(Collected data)
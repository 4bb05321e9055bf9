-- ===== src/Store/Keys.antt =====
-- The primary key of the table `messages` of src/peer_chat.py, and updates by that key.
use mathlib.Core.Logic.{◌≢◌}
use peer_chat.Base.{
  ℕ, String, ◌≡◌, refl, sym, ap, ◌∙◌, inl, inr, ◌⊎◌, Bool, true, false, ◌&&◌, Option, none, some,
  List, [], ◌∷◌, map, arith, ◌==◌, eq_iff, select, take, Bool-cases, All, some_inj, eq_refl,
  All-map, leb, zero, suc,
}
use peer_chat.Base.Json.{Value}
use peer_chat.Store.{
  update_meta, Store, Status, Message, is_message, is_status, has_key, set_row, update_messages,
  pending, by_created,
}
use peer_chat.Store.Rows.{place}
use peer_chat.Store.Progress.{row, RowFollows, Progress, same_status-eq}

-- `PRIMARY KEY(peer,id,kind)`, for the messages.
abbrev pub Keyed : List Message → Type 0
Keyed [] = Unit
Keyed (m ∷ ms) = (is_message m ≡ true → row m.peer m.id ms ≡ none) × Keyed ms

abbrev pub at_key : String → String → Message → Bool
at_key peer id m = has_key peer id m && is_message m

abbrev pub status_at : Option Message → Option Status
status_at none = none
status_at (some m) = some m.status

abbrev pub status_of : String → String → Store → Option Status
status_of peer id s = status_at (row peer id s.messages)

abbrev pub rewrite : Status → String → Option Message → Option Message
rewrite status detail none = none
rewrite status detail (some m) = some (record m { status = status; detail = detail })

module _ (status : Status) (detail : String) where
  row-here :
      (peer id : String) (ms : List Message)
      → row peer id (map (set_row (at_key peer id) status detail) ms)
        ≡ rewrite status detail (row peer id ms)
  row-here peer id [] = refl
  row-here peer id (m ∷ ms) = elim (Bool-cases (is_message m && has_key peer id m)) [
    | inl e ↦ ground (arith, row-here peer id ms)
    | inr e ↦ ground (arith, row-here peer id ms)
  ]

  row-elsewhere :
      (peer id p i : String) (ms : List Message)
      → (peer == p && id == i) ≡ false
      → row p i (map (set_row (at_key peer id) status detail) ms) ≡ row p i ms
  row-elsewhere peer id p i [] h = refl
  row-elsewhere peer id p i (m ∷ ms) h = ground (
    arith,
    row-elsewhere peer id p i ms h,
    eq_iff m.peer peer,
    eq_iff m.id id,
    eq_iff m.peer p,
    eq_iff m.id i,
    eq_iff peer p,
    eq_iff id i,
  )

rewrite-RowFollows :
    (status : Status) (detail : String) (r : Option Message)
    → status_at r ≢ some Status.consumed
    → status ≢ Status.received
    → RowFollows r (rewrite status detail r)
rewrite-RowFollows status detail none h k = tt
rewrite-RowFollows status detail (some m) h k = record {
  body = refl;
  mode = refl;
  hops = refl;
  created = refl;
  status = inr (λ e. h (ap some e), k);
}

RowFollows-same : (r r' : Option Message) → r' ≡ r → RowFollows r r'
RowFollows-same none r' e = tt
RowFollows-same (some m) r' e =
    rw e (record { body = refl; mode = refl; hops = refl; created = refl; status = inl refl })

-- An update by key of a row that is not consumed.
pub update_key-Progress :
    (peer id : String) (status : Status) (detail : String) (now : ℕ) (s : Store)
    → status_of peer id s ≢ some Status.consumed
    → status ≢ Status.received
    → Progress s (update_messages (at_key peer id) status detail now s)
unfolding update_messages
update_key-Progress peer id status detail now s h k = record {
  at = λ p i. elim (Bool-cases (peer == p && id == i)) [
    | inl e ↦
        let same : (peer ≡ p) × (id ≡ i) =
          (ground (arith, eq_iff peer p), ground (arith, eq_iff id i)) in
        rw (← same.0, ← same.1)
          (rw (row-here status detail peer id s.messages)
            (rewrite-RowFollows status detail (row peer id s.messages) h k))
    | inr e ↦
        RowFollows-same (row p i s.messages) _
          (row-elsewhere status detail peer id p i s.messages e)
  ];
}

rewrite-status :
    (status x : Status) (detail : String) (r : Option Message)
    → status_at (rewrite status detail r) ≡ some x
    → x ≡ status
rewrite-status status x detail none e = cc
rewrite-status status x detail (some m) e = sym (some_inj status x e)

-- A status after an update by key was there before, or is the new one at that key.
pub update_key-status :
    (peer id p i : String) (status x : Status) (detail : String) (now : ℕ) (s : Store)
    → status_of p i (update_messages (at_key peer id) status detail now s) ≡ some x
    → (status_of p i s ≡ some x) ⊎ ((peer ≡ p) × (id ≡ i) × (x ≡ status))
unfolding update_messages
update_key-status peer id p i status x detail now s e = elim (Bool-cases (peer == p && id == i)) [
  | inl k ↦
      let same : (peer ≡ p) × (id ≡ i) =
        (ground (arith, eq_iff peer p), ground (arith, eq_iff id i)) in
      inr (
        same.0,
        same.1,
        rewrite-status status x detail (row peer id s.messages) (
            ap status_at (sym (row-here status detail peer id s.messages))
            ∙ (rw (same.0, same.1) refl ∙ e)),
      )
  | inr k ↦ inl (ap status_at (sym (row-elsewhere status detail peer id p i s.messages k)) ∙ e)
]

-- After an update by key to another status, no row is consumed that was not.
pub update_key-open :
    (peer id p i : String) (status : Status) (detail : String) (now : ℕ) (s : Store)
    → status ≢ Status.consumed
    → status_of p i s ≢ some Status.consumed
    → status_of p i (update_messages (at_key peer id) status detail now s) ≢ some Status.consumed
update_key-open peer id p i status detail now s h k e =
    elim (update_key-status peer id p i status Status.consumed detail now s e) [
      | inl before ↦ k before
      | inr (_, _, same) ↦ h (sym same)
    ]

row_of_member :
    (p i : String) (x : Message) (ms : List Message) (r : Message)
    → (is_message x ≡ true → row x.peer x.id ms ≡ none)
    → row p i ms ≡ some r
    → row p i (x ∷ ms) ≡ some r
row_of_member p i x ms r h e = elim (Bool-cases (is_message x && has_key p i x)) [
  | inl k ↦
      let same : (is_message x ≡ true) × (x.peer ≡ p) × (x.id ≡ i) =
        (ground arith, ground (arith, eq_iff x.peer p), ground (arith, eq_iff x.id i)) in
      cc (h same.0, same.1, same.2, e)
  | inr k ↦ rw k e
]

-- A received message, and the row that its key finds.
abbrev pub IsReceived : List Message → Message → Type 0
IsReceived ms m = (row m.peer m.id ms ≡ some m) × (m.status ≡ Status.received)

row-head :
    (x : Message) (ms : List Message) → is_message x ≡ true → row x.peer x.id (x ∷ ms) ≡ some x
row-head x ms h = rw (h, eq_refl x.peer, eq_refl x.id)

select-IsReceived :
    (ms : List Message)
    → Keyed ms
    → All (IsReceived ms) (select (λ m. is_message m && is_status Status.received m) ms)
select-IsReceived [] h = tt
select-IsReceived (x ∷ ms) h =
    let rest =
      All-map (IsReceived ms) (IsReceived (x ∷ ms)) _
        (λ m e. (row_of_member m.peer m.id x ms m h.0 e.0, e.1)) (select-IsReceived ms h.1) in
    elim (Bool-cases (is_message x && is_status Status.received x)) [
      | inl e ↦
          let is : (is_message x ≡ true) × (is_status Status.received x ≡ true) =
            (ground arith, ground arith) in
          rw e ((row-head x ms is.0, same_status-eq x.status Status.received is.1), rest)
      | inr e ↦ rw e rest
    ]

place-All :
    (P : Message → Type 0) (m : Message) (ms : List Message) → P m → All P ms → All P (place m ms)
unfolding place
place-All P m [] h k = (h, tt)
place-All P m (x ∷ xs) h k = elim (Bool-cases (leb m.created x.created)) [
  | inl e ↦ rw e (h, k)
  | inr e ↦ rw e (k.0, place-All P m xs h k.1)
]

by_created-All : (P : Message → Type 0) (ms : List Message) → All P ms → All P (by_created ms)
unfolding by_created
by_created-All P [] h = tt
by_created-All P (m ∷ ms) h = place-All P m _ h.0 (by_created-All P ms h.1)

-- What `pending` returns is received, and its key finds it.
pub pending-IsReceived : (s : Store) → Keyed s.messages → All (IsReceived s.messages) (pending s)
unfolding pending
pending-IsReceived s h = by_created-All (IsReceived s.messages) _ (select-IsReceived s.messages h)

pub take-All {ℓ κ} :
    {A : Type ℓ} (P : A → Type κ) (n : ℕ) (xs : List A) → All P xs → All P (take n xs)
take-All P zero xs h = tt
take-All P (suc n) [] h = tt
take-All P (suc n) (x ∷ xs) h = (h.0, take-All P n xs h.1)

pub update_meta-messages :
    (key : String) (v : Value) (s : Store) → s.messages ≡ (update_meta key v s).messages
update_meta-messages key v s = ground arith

---

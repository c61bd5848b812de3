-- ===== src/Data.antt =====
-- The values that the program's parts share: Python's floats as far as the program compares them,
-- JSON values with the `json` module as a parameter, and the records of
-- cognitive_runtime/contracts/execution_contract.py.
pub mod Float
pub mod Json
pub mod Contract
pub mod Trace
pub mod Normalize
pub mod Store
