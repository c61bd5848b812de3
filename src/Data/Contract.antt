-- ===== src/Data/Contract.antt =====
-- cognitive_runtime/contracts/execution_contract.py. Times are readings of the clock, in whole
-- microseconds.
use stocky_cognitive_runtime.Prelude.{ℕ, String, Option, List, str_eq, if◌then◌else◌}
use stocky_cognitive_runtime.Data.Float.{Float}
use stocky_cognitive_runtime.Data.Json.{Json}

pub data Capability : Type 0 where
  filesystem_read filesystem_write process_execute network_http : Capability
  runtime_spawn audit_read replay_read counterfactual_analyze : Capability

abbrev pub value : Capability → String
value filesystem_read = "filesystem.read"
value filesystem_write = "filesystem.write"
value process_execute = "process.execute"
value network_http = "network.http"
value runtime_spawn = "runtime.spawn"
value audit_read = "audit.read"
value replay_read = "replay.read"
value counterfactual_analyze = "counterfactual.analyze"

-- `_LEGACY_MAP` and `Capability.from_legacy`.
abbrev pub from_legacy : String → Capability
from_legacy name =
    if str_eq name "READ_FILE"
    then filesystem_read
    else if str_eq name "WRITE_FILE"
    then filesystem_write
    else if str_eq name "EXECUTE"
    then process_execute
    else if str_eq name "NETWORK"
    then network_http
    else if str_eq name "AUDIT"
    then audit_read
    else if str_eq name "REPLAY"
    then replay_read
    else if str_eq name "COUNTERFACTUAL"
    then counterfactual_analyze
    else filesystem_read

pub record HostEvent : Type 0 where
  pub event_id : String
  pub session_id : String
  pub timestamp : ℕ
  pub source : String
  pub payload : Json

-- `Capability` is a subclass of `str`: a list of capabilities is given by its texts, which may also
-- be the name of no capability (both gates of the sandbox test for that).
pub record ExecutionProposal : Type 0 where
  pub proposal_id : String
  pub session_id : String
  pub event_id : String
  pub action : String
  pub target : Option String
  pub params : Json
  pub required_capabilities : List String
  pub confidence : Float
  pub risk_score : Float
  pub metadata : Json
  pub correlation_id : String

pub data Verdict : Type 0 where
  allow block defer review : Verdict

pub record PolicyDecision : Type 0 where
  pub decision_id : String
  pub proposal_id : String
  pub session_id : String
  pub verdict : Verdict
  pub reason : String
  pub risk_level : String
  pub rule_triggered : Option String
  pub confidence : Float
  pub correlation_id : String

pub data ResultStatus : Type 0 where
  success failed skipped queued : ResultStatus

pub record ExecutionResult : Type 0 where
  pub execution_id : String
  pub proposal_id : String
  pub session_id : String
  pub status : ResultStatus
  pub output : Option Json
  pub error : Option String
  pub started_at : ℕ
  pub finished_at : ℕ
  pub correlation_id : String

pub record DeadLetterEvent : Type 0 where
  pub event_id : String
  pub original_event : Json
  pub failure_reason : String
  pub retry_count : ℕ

* * *

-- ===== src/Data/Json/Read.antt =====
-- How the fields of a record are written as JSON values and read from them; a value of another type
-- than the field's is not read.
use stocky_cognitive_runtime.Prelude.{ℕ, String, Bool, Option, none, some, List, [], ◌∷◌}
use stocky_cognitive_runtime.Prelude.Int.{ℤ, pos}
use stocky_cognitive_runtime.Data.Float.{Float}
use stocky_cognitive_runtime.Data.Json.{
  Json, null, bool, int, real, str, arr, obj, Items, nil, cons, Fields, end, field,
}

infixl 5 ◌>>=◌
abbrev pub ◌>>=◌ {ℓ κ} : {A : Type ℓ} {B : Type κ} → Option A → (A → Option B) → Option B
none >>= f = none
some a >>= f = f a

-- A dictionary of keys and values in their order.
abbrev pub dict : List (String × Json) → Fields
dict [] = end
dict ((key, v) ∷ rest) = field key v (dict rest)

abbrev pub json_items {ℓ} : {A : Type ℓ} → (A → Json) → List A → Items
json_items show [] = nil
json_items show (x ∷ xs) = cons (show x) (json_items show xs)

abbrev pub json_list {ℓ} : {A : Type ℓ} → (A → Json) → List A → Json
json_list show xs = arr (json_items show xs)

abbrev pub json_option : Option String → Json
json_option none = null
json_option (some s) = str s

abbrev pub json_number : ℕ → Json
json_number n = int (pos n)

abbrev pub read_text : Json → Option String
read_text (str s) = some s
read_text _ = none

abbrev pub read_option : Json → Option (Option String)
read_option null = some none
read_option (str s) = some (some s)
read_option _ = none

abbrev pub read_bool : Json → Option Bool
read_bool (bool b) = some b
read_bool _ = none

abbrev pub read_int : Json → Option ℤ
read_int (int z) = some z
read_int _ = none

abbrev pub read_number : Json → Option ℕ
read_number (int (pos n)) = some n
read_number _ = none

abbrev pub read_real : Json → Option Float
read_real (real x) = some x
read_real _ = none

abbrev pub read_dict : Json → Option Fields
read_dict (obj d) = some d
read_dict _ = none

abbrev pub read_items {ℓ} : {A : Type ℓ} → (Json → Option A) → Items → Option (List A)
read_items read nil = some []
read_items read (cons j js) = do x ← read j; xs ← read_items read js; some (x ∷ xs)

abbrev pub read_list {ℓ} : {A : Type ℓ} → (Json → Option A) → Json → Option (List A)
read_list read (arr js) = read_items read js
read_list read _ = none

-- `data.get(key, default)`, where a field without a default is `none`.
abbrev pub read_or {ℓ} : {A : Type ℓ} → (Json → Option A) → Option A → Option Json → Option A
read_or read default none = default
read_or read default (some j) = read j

## What to produce
Your answer should consist only of the lines above between the line holding "abbrev pub read_dict : Json → Option Fields" and the line holding "abbrev pub read_list", inclusive, each transcribed exactly.

## Answer below
abbrev pub read_dict : Json → Option Fields
read_dict (obj d) = some d
read_dict _ = none

abbrev pub read_items {ℓ} : {A : Type ℓ} → (Json → Option A) → Items → Option (List A)
read_items read nil = some []
read_items read (cons j js) = do x ← read j; xs ← read_items read js; some (x ∷ xs)

abbrev pub read_list {ℓ} : {A : Type ℓ} → (Json → Option A) → Json → Option (List A)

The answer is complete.